Performance prediction is a method to estimate the performance of Language Models (LMs) on various Natural Language Processing (NLP) tasks, mitigating computational costs associated with model capacity and data for fine-tuning. Our paper introduces ProxyLM, a scalable framework for predicting LM performance using proxy models in multilingual tasks. These proxy models act as surrogates, approximating the performance of the LM of interest. By leveraging proxy models, ProxyLM significantly reduces computational overhead on task evaluations, achieving up to a 37.08x speedup compared to traditional methods, even with our smallest proxy models. Additionally, our methodology showcases adaptability to previously unseen languages in pre-trained LMs, outperforming the state-of-the-art performance by 1.89x as measured by root-mean-square error (RMSE). This framework streamlines model selection, enabling efficient deployment and iterative LM enhancements without extensive computational resources.

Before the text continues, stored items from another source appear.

-- ===== src/Node/Rebalance.antt =====
-- src/node.rs: `borrow_from_left`, `borrow_from_right` and `merge_left_into_right`.
use b_link.Prelude.{
  ℕ, ◌+◌, none, some, leb, ◌==◌, length, Run, ok, panic, ◌>>=◌, ◌>>◌, assert, expect,
}
use b_link.Array.Bounded
use b_link.Node.{Addr, InternalNode, NodeKind, internal, leaf, redirect, Node, MergeRepair}

module _ {K V : Type 0} where
  -- The new parent, left and right kinds and the new boundary.
  unfoldable pub lend_right :
      (n : ℕ)
      → InternalNode K
      → ℕ
      → NodeKind K V
      → NodeKind K V
      → Run (InternalNode K × NodeKind K V × NodeKind K V × K)
  lend_right n parent separator_index (leaf left) (leaf right) = do
    let (popped, left_entries) = Bounded.pop left.entries
    entry ← expect popped
    right_entries ← Bounded.insert n right.entries 0 entry
    (_, keys) ← Bounded.replace parent.keys separator_index entry.key
    ok (
      record parent { keys = keys },
      leaf (record { entries = left_entries }),
      leaf (record { entries = right_entries }),
      entry.key,
    )
  lend_right n parent separator_index (internal left) (internal right) = do
    let (popped, left_keys) = Bounded.pop left.keys
    boundary ← expect popped
    (old_parent, keys) ← Bounded.replace parent.keys separator_index boundary
    let (popped_child, left_children) = Bounded.pop left.children
    child ← expect popped_child
    right_keys ← Bounded.insert n right.keys 0 old_parent
    right_children ← Bounded.insert (n + 1) right.children 0 child
    ok (
      record parent { keys = keys },
      internal (record { keys = left_keys; children = left_children }),
      internal (record { keys = right_keys; children = right_children }),
      boundary,
    )
  lend_right n parent separator_index left right = panic

  unfoldable pub borrow_from_left :
      (n : ℕ)
      → InternalNode K
      → ℕ
      → Node K V
      → Node K V
      → Run (InternalNode K × Node K V × Node K V)
  unfolding lend_right Bounded.pop Bounded.insert Bounded.replace
  borrow_from_left n parent separator_index left right = do
    (parent, left_kind, right_kind, boundary) ←
        lend_right n parent separator_index left.kind right.kind
    ok (
      parent,
      record left { high_key = some boundary; kind = left_kind },
      record right { low_key = some boundary; kind = right_kind },
    )

  unfoldable pub lend_left :
      (n : ℕ)
      → InternalNode K
      → ℕ
      → NodeKind K V
      → NodeKind K V
      → Run (InternalNode K × NodeKind K V × NodeKind K V × K)
  lend_left n parent separator_index (leaf left) (leaf right) = do
    (entry, right_entries) ← Bounded.remove right.entries 0
    left_entries ← Bounded.push n left.entries entry
    first ← expect (Bounded.first right_entries)
    (_, keys) ← Bounded.replace parent.keys separator_index first.key
    ok (
      record parent { keys = keys },
      leaf (record { entries = left_entries }),
      leaf (record { entries = right_entries }),
      first.key,
    )
  lend_left n parent separator_index (internal left) (internal right) = do
    (boundary, right_keys) ← Bounded.remove right.keys 0
    (old_parent, keys) ← Bounded.replace parent.keys separator_index boundary
    (child, right_children) ← Bounded.remove right.children 0
    left_keys ← Bounded.push n left.keys old_parent
    left_children ← Bounded.push (n + 1) left.children child
    ok (
      record parent { keys = keys },
      internal (record { keys = left_keys; children = left_children }),
      internal (record { keys = right_keys; children = right_children }),
      boundary,
    )
  lend_left n parent separator_index left right = panic

  unfoldable pub borrow_from_right :
      (n : ℕ)
      → InternalNode K
      → ℕ
      → Node K V
      → Node K V
      → Run (InternalNode K × Node K V × Node K V)
  unfolding lend_left Bounded.first Bounded.remove Bounded.push Bounded.replace
  borrow_from_right n parent separator_index left right = do
    (parent, left_kind, right_kind, boundary) ←
        lend_left n parent separator_index left.kind right.kind
    ok (
      parent,
      record left { high_key = some boundary; kind = left_kind },
      record right { low_key = some boundary; kind = right_kind },
    )

  -- The contents of the surviving right page.
  unfoldable pub merged_kind : (n : ℕ) → K → NodeKind K V → NodeKind K V → Run (NodeKind K V)
  merged_kind n separator (leaf left) (leaf right) = do
    assert (leb (length left.entries + length right.entries) n)
    (entries, _) ← Bounded.prepend_from n right.entries left.entries
    ok (leaf (record { entries = entries }))
  merged_kind n separator (internal left) (internal right) = do
    assert (leb (length left.keys + 1 + length right.keys) n)
    keys ← Bounded.insert n right.keys 0 separator
    (keys, _) ← Bounded.prepend_from n keys left.keys
    (children, _) ← Bounded.prepend_from (n + 1) right.children left.children
    ok (internal (record { keys = keys; children = children }))
  merged_kind n separator left right = panic

  unfoldable pub merge_left_into_right :
      (n : ℕ)
      → InternalNode K
      → ℕ
      → (left_ref : Addr) → Node K V
      → (right_ref : Addr) → Node K V
      → Run (InternalNode K × Node K V × Node K V × MergeRepair)
  unfolding merged_kind Bounded.index Bounded.remove Bounded.prepend_from Bounded.insert
  merge_left_into_right n parent left_index left_ref left right_ref right = do
    left_child ← Bounded.index parent.children left_index
    assert (left_child == left_ref)
    right_child ← Bounded.index parent.children (left_index + 1)
    assert (right_child == right_ref)
    (separator, keys) ← Bounded.remove parent.keys left_index
    (removed_child, children) ← Bounded.remove parent.children left_index
    assert (removed_child == left_ref)
    right_kind ← merged_kind n separator left.kind right.kind
    ok (
      record { keys = keys; children = children },
      record left { low_key = none; kind = redirect right_ref },
      record right { low_key = left.low_key; previous = left.previous; kind = right_kind },
      record { predecessor = left.previous; retired = left_ref; survivor = right_ref },
    )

Automatic Cattle Activity Monitoring for Anomaly Detection Using YOLOv5 and Seasonal Trend Loess

Published in GEMASTIK XV Data Mining Competition 2022

Livestock farming is one of the crucial sectors for a country’s food security. Unfortunately, the development of the livestock sector in Indonesia has been declining since 2016, primarily due to losses resulting from disruptions in livestock productivity. Therefore, a technological solution is needed to address this issue. In this research, we propose a solution utilizing computer vision and statistical techniques to detect anomalies in the changing patterns of livestock activities—represented by cattle. Computer vision technology is employed to detect cattle activities, and the results are processed into a time series graph depicting the percentage of cattle activities. This graph is then analyzed using Seasonal-Trend decomposition with Loess (STL) statistical technique to identify anomalies marked by changes in activity patterns. In the presence of anomalies, early warnings can be provided to farmers, enabling them to take preventive or corrective actions to safeguard livestock productivity. In this study, CCTV data of cattle activities is utilized, and the model trained is a pre-trained YOLOv5 model. The model evaluation is based on the mean Average Precision (mAP) metrics at p50-95. In a limited dataset (346 images), a mAP50-95 value of 0.747 is obtained.

Recommended citation: Khelli, et al. (2022) “Automatic Cattle Activity Monitoring for Anomaly Detection Using YOLOv5 and Seasonal Trend Loess” GEMASTIK XV.

Medical Decision Analysis Using Random Forest Classifier on High Variance Data

Published in Informatika Institut Teknologi Bandung

Decision-making related to medical matters must be carried out effectively and be accountable. One method that can be employed to determine a medical decision is by utilizing decision-making models in conjunction with automation systems. The use of decision trees is one proficient method to generate classifications with high accuracy and swift execution, facilitated by a tree data structure that represents exploitable information. Accuracy can be further enhanced by incorporating the concept of a random forest or the amalgamation of numerous decision trees to mitigate potential errors in models with high complexity. The validity of this method will be discussed in depth in this paper.

Recommended citation: Irawan, P. A. (2021) “Medical Decision Analysis Using Random Forest Classifier on High Variance Data” Informatika Rinaldi Munir.